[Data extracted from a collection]
******

-- ===== src/Restoring.antt =====
-- What `Restore` makes of a snapshot.
pub mod Insert
pub mod Orders
pub mod Run
pub mod Times
pub mod RoundTrip
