-- ===== src/Snapshot/Restore.antt =====
-- snapshot.go: `Restore` and `InsertRestoredOrder`. The live book is written only after the last
-- check, so a refusal is an error without a book.
use mathlib.Core.Option.{Option, none, some}
use text.Mathlib.Text.{◌==◌ as same_text}
use Prim.Native.String.{String}
use tradedrift.Base.{
  ℕ, suc, ◌+◌, ◌%◌, List, [], ◌∷◌, Bool, true, false, ltb, leb, ◌==◌, if◌then◌else◌, ◌&&◌, ◌||◌,
  not, update, positive, magnitude,
}
use tradedrift.OrderBook.{SideType, buy, sell, limit, OrderNode, Side, OrderBook, new_order_book}
use tradedrift.Matcher.Search.{is_worse}
use tradedrift.Matcher.Ops.{get_side, set_side, insert_at, new_level, push_back}
use tradedrift.Snapshot.Serialize.{Codec, SnapshotOrder, BookSnapshot, current_schema_version}

-- Why a snapshot is refused, in the order of the checks.
pub data RestoreError : Type 0 where
  schema_mismatch market_mismatch partition_mismatch beyond_checkpoint no_checksum
        checksum_mismatch :
      RestoreError
  bad_order_id bad_user_id bad_timestamp bad_price bad_original_qty bad_remaining_qty : RestoreError
  bad_side bad_order_type original_not_positive remaining_not_positive remaining_above_original :
      RestoreError
  off_tick original_off_lot remaining_off_lot price_not_positive zero_time far_future
        duplicate_order :
      RestoreError
  buy_after_sell bids_not_descending bids_not_fifo asks_not_ascending asks_not_fifo : RestoreError

pub data Restored {ℓ} (A : Type ℓ) : Type ℓ where
  restored : A → Restored A
  refused : RestoreError → Restored A

infixl 5 ◌>>=◌ ◌>>◌
abbrev pub ◌>>=◌ {ℓ κ} : {A : Type ℓ} {B : Type κ} → Restored A → (A → Restored B) → Restored B
restored a >>= f = f a
refused e >>= f = refused e

abbrev pub ◌>>◌ {ℓ} : {B : Type ℓ} → Restored (Unit {0}) → Restored B → Restored B
m >> k = m >>= λ _. k

abbrev pub require {ℓ} : {A : Type ℓ} → Option A → RestoreError → Restored A
require none e = refused e
require (some a) e = restored a

abbrev pub check : Bool → RestoreError → Restored (Unit {0})
check true e = restored tt
check false e = refused e

-- The linear search that snapshot.go has under the matcher's name.
abbrev pub linear_insert_index : Bool → List ℕ → ℕ → ℕ
linear_insert_index bid [] price = 0
linear_insert_index bid (p ∷ ps) price =
    let rest = linear_insert_index bid ps price in if is_worse bid p price then 0 else suc rest

unfoldable pub place_restored : Side → OrderNode → Side
unfolding push_back insert_at
place_restored side node = elim (side.price_levels node.price) [
  | none ↦ record side {
    price_levels =
        update side.price_levels node.price (some (push_back node (new_level node.price)));
    sorted_prices =
        insert_at side.sorted_prices (linear_insert_index side.is_bid side.sorted_prices node.price)
          node.price;
  }
  | some level ↦ record side {
    price_levels = update side.price_levels node.price (some (push_back node level));
  }
]

unfoldable pub insert_restored_order : OrderBook → OrderNode → OrderBook
unfolding get_side set_side place_restored
insert_restored_order book node =
    record (set_side book node.side (place_restored (get_side book node.side) node)) {
      order_index = update book.order_index node.order_id (some node);
    }

-- The parameters of `Restore` that the loop reads, and the clock.
pub record Rules : Type 0 where
  pub market_id : ℕ
  pub tick_size : ℕ
  pub lot_size : ℕ
  pub now : ℕ

-- The variables of the loop; `last` is none before the first order, and otherwise its side, price
-- and time.
pub record Cursor : Type 0 where
  pub staged : OrderBook
  pub seen_asks : Bool
  pub last : Option (SideType × ℕ × ℕ)

abbrev pub parse_side : String → Option SideType
parse_side text =
    if same_text text "BUY" then some buy else if same_text text "SELL" then some sell else none

abbrev pub aligned : ℕ → ℕ → Bool
aligned size x = if ltb 0 size then x % size == 0 else true

-- Twenty-four hours.
abbrev pub one_day : ℕ
one_day = 86400000000000

-- The texts and values of one order, up to the test of its time.
unfoldable pub read_order : Codec → Rules → SnapshotOrder → Restored OrderNode
read_order c rules o = do
  order_id ← require (c.uuid_parse o.order_id) bad_order_id
  user_id ← require (c.uuid_parse o.user_id) bad_user_id
  time ← require (c.time_parse o.timestamp) bad_timestamp
  price ← require (c.decimal_parse o.price) bad_price
  original ← require (c.decimal_parse o.original_qty) bad_original_qty
  remaining ← require (c.decimal_parse o.remaining_qty) bad_remaining_qty
  side ← require (parse_side o.side) bad_side
  check (same_text o.order_type "LIMIT") bad_order_type
  original ← require (positive original) original_not_positive
  remaining ← require (positive remaining) remaining_not_positive
  check (leb remaining original) remaining_above_original
  check (aligned rules.tick_size (magnitude price)) off_tick
  check (aligned rules.lot_size original) original_off_lot
  check (aligned rules.lot_size remaining) remaining_off_lot
  price ← require (positive price) price_not_positive
  check (not (time == 0)) zero_time
  check (leb time (rules.now + one_day)) far_future
  restored (record {
    order_id = order_id;
    user_id = user_id;
    market_id = rules.market_id;
    side = side;
    order_type = limit;
    price = price;
    original_qty = original;
    remaining_qty = remaining;
    timestamp = time;
    client_order_id = o.client_order_id;
  })

-- Bids descending, asks ascending, and times in order at one price; the first order of a side follows
-- anything.
abbrev pub check_after : Option (SideType × ℕ × ℕ) → SideType → ℕ → ℕ → Restored (Unit {0})
check_after none side price time = restored tt
check_after (some (buy, last_price, last_time)) buy price time = do
  check (leb price last_price) bids_not_descending
  check (not (price == last_price && ltb time last_time)) bids_not_fifo
check_after (some (sell, last_price, last_time)) sell price time = do
  check (leb last_price price) asks_not_ascending
  check (not (price == last_price && ltb time last_time)) asks_not_fifo
check_after (some (buy, last_price, last_time)) sell price time = restored tt
check_after (some (sell, last_price, last_time)) buy price time = restored tt

abbrev pub is_sell : SideType → Bool
is_sell buy = false
is_sell sell = true

abbrev pub is_absent {ℓ} : {A : Type ℓ} → Option A → Bool
is_absent none = true
is_absent (some a) = false

-- The checks of one order against what the loop has seen, and its insertion.
unfoldable pub stage_order : Cursor → OrderNode → Restored Cursor
unfolding insert_restored_order
stage_order c node = do
  check (is_absent (c.staged.order_index node.order_id)) duplicate_order
  check (not (c.seen_asks && not (is_sell node.side))) buy_after_sell
  check_after c.last node.side node.price node.timestamp
  restored (record {
    staged = insert_restored_order c.staged node;
    seen_asks = c.seen_asks || is_sell node.side;
    last = some (node.side, node.price, node.timestamp);
  })

unfoldable pub restore_orders : Codec → Rules → Cursor → List SnapshotOrder → Restored Cursor
unfolding read_order stage_order
restore_orders c rules cursor [] = restored cursor
restore_orders c rules cursor (o ∷ os) = do
  node ← read_order c rules o
  cursor' ← stage_order cursor node
  restore_orders c rules cursor' os

-- The book that the loop fills before the live book is touched.
abbrev pub staged_book : ℕ → ℕ → OrderBook
staged_book market_id sequence = record (new_order_book market_id) { sequence = sequence }

-- `checkpoint` is the offset up to which results are durable, and none is -1.
abbrev pub is_beyond : ℕ → Option ℕ → Bool
is_beyond offset none = true
is_beyond offset (some checkpoint) = ltb checkpoint offset

unfoldable pub restore :
    Codec → OrderBook → BookSnapshot → Rules → ℕ → Option ℕ → String → Restored OrderBook
unfolding restore_orders new_order_book
restore c book snap rules partition checkpoint expected = do
  check (snap.schema_version == current_schema_version) schema_mismatch
  check (snap.market_id == rules.market_id) market_mismatch
  check (snap.partition == partition) partition_mismatch
  check (not (is_beyond snap.offset checkpoint)) beyond_checkpoint
  computed ← require (c.checksum snap) no_checksum
  check (same_text computed expected) checksum_mismatch
  let start : Cursor = record {
    staged = staged_book book.market_id snap.sequence;
    seen_asks = false;
    last = none;
  }
  cursor ← restore_orders c rules start snap.orders
  let staged = cursor.staged
  restored (record book {
    bids = staged.bids;
    asks = staged.asks;
    order_index = staged.order_index;
    sequence = staged.sequence;
  })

******

• Exercise brief:
Copy every line of the entries in which "else" can be found.

• Exercise output:
  ℕ, suc, ◌+◌, ◌%◌, List, [], ◌∷◌, Bool, true, false, ltb, leb, ◌==◌, if◌then◌else◌, ◌&&◌, ◌||◌,
    let rest = linear_insert_index bid ps price in if is_worse bid p price then 0 else suc rest
    if same_text text "BUY" then some buy else if same_text text "SELL" then some sell else none
aligned size x = if ltb 0 size then x % size == 0 else true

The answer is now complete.